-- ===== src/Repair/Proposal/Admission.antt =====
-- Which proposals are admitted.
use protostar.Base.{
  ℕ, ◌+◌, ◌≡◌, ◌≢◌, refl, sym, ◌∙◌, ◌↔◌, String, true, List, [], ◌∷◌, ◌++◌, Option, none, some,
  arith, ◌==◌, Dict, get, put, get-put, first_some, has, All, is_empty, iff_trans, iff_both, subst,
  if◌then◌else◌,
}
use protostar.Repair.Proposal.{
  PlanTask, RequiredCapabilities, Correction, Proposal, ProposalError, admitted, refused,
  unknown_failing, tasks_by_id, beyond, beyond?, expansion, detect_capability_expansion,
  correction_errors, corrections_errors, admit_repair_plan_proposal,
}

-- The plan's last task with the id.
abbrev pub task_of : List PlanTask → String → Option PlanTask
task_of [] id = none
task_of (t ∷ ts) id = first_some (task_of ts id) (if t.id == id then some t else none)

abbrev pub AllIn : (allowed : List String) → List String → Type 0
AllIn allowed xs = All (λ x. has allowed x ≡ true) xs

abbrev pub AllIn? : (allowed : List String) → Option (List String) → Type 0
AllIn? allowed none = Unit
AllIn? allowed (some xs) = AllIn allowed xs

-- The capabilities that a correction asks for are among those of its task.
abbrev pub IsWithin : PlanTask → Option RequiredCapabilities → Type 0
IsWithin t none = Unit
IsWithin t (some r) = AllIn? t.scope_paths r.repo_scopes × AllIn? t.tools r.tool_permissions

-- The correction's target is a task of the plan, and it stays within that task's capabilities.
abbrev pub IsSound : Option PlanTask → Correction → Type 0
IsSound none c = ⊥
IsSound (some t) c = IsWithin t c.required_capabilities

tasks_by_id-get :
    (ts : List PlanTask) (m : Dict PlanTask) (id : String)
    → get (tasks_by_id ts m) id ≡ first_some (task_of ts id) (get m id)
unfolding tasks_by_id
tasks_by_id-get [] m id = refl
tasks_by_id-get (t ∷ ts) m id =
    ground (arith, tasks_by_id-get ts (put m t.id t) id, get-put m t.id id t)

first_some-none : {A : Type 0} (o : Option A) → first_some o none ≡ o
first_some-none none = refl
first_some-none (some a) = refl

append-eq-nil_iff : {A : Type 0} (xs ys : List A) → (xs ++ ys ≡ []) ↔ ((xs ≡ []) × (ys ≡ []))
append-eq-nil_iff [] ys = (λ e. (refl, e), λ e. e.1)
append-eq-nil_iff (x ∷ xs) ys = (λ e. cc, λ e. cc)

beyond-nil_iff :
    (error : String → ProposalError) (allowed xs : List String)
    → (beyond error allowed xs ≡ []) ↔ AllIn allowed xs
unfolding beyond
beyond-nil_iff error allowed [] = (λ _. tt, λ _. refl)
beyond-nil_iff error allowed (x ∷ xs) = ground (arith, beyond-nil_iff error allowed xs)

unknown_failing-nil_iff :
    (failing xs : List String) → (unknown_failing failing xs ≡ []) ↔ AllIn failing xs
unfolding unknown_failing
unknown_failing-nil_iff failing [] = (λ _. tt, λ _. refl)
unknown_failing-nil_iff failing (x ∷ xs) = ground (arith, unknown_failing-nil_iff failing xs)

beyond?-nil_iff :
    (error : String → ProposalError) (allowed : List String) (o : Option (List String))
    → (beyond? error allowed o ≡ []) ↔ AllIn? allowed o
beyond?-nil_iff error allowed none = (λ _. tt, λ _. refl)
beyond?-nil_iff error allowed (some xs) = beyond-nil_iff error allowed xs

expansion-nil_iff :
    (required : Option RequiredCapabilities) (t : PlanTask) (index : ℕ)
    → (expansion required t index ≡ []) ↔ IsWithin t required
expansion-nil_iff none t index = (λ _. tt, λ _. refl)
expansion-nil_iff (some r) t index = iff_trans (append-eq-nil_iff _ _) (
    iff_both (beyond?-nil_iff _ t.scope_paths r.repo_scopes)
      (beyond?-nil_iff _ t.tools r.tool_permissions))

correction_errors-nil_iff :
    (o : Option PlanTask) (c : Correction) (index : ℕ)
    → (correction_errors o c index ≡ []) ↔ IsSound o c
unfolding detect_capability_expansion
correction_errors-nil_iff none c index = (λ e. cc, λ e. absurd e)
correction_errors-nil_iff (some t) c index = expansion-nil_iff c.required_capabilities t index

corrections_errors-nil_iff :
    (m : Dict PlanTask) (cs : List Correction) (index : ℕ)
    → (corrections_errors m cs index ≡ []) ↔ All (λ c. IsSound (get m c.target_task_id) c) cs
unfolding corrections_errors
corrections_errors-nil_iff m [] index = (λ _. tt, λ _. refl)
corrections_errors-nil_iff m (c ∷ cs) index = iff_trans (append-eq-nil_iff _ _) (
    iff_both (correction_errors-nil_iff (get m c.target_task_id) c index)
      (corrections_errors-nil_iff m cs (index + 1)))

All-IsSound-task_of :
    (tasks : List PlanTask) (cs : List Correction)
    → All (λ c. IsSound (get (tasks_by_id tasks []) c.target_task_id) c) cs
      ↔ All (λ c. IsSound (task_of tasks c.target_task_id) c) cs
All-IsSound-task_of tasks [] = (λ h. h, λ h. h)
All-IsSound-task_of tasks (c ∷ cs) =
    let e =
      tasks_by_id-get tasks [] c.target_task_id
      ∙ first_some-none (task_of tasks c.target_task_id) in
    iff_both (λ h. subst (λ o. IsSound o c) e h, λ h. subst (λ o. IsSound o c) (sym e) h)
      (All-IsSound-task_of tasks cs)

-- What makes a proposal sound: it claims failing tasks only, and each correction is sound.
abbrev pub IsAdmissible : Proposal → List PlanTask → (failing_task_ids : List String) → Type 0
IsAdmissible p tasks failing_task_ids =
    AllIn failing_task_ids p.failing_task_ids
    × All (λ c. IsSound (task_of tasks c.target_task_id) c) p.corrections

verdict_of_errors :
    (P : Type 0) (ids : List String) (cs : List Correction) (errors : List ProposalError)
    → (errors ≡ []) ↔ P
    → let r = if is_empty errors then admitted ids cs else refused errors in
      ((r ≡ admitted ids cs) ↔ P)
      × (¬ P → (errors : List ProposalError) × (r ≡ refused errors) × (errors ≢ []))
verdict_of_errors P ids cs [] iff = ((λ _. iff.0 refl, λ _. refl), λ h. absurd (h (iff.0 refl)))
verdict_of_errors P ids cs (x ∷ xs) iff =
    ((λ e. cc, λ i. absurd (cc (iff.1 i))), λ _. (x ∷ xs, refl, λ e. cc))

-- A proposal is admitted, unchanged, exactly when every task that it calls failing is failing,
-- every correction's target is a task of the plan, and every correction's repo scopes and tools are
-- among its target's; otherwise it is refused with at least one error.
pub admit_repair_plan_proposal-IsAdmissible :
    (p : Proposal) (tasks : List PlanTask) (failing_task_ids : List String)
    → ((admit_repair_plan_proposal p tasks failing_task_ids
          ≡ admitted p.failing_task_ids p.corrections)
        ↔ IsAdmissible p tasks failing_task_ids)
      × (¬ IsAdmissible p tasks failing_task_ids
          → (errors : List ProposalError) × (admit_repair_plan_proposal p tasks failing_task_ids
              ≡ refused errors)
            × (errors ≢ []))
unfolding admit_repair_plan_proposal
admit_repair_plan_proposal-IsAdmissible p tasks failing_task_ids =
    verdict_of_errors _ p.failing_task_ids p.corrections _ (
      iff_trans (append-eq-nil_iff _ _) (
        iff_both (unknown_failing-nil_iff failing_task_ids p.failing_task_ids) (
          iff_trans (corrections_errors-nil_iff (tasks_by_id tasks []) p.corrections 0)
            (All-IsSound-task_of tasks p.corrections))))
________
▶ _PROMPT_: From the entries above, work out the number of lines containing the string "IsAdmissible" and give that number by itself.

▶ _WORKED SOLUTION_: 6